----- SUPPLIED RECORDS -----

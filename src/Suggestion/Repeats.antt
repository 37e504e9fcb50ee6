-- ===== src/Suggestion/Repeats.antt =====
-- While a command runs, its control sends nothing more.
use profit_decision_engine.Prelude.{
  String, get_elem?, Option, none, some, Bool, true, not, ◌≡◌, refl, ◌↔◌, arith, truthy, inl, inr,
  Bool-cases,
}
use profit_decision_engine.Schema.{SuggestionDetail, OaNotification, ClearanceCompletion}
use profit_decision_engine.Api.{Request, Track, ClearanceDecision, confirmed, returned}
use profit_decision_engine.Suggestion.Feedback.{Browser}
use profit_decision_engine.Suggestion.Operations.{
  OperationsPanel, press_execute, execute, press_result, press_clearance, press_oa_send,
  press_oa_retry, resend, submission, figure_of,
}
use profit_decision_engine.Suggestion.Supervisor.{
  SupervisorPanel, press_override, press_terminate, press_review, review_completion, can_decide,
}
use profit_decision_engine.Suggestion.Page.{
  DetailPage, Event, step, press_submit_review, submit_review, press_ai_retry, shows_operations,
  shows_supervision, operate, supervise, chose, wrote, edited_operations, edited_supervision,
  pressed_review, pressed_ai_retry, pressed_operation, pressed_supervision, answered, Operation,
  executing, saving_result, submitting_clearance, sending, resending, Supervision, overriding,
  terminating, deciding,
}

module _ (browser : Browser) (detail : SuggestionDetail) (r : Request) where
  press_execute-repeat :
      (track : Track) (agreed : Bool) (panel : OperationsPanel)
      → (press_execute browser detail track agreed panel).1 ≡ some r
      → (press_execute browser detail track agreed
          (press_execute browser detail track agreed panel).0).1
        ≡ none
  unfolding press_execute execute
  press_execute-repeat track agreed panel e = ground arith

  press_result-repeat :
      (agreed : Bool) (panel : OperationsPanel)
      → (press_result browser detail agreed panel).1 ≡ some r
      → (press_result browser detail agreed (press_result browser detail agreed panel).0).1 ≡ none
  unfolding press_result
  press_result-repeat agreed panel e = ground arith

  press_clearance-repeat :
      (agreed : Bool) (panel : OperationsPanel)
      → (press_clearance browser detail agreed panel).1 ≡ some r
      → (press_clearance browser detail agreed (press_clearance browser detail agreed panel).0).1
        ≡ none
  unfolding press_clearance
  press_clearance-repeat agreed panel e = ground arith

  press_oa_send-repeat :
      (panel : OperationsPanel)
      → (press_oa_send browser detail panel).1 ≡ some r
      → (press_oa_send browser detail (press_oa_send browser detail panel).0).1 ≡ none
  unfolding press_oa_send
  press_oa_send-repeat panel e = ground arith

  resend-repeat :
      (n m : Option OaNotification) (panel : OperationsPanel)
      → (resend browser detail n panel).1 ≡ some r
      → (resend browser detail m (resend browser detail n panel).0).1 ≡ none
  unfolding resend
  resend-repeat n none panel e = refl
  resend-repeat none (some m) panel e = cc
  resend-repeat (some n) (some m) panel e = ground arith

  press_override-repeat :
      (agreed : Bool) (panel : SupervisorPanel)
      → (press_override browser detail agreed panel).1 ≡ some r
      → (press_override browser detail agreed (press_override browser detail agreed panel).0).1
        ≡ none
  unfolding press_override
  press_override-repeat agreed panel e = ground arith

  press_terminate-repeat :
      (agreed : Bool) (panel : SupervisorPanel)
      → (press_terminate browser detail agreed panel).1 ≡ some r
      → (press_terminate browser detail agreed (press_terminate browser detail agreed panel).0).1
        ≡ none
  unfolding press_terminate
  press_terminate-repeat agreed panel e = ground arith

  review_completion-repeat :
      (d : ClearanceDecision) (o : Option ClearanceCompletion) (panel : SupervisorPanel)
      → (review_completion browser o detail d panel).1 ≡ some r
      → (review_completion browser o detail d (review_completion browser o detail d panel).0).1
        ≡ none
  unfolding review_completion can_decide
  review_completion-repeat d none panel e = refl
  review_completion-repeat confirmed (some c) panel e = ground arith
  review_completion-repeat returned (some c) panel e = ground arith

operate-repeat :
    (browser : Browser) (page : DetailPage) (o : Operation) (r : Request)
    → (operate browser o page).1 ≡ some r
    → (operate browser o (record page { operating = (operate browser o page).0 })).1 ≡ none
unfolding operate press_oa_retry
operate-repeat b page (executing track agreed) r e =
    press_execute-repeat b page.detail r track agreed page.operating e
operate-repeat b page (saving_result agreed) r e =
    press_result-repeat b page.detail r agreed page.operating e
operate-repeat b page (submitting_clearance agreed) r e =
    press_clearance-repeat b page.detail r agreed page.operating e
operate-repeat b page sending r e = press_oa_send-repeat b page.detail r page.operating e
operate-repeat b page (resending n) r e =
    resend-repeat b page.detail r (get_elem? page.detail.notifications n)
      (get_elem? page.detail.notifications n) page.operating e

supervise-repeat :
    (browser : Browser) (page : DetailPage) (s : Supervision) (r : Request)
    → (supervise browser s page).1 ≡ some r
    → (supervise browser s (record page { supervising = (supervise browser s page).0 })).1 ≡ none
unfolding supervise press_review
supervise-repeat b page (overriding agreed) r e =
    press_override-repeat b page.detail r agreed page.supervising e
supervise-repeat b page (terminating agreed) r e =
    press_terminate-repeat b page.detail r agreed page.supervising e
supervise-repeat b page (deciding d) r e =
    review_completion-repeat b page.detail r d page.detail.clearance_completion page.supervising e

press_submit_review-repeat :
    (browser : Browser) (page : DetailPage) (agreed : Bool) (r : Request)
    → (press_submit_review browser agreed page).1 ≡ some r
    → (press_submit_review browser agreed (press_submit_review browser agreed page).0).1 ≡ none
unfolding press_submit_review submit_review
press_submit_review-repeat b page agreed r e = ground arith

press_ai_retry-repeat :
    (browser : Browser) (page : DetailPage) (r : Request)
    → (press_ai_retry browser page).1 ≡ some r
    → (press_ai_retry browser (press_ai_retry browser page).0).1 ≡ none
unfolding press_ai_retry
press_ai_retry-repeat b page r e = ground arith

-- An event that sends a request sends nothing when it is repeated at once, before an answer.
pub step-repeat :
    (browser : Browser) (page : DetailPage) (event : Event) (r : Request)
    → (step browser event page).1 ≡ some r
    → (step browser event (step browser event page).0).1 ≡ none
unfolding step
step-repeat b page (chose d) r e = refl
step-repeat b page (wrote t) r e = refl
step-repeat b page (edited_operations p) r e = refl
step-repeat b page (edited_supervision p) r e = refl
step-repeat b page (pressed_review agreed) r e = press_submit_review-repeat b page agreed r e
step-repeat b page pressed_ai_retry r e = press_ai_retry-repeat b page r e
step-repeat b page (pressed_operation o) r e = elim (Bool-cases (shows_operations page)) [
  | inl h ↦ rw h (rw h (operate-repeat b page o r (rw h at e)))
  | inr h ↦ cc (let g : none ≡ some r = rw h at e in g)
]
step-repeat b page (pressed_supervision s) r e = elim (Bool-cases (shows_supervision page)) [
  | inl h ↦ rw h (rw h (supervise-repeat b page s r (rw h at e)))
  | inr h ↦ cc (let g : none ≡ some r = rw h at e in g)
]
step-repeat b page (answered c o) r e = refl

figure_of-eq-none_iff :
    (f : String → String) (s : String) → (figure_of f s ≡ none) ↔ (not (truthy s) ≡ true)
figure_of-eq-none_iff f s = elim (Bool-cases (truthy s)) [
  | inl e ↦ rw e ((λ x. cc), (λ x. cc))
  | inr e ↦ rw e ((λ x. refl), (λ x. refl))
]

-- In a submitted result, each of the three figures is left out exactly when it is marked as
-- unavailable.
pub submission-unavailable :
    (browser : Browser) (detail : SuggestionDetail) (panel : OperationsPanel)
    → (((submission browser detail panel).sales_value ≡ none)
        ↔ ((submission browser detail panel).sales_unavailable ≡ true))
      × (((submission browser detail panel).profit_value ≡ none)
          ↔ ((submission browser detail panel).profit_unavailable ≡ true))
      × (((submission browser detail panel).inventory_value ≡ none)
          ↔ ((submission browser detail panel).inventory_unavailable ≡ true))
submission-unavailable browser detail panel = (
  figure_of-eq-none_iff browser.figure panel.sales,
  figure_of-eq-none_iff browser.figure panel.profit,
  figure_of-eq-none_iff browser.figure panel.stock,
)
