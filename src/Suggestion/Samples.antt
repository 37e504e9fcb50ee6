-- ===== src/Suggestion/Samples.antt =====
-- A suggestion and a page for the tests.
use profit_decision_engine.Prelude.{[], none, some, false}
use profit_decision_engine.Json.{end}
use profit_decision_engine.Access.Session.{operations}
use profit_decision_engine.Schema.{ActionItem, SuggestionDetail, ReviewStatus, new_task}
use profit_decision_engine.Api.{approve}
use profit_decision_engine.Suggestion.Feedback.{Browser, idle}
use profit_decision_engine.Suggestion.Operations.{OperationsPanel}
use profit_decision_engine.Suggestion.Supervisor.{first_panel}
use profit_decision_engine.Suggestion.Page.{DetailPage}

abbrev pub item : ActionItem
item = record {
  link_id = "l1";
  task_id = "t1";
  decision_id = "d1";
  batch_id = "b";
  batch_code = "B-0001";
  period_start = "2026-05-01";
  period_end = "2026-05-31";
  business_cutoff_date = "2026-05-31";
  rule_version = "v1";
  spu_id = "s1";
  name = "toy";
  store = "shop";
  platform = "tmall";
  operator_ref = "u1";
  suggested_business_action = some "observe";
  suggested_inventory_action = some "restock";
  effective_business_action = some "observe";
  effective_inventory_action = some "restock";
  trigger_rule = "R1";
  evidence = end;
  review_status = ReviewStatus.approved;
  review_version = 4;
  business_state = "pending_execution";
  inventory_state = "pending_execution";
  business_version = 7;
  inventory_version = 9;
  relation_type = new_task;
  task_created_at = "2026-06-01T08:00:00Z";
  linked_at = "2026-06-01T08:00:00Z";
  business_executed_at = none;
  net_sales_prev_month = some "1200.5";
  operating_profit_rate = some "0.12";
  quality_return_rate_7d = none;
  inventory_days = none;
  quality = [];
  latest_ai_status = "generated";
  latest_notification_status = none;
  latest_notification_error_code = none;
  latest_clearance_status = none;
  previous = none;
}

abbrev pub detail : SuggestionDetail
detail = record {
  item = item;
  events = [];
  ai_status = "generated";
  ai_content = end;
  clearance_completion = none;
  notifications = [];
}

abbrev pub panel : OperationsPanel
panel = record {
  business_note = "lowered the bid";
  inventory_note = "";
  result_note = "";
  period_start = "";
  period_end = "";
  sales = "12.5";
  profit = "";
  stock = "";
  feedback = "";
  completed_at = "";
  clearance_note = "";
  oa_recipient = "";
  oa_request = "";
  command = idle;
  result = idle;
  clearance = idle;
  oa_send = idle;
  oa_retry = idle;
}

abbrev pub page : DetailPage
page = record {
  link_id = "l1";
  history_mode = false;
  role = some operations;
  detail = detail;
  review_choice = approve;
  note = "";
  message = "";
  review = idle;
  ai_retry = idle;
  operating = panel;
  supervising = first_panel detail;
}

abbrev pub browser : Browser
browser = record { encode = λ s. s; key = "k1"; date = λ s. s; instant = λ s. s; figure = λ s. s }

-----

PROMPT> In the records above, how many lines hold the string "cases"? Give the number only.

EXERCISE RESULT> 4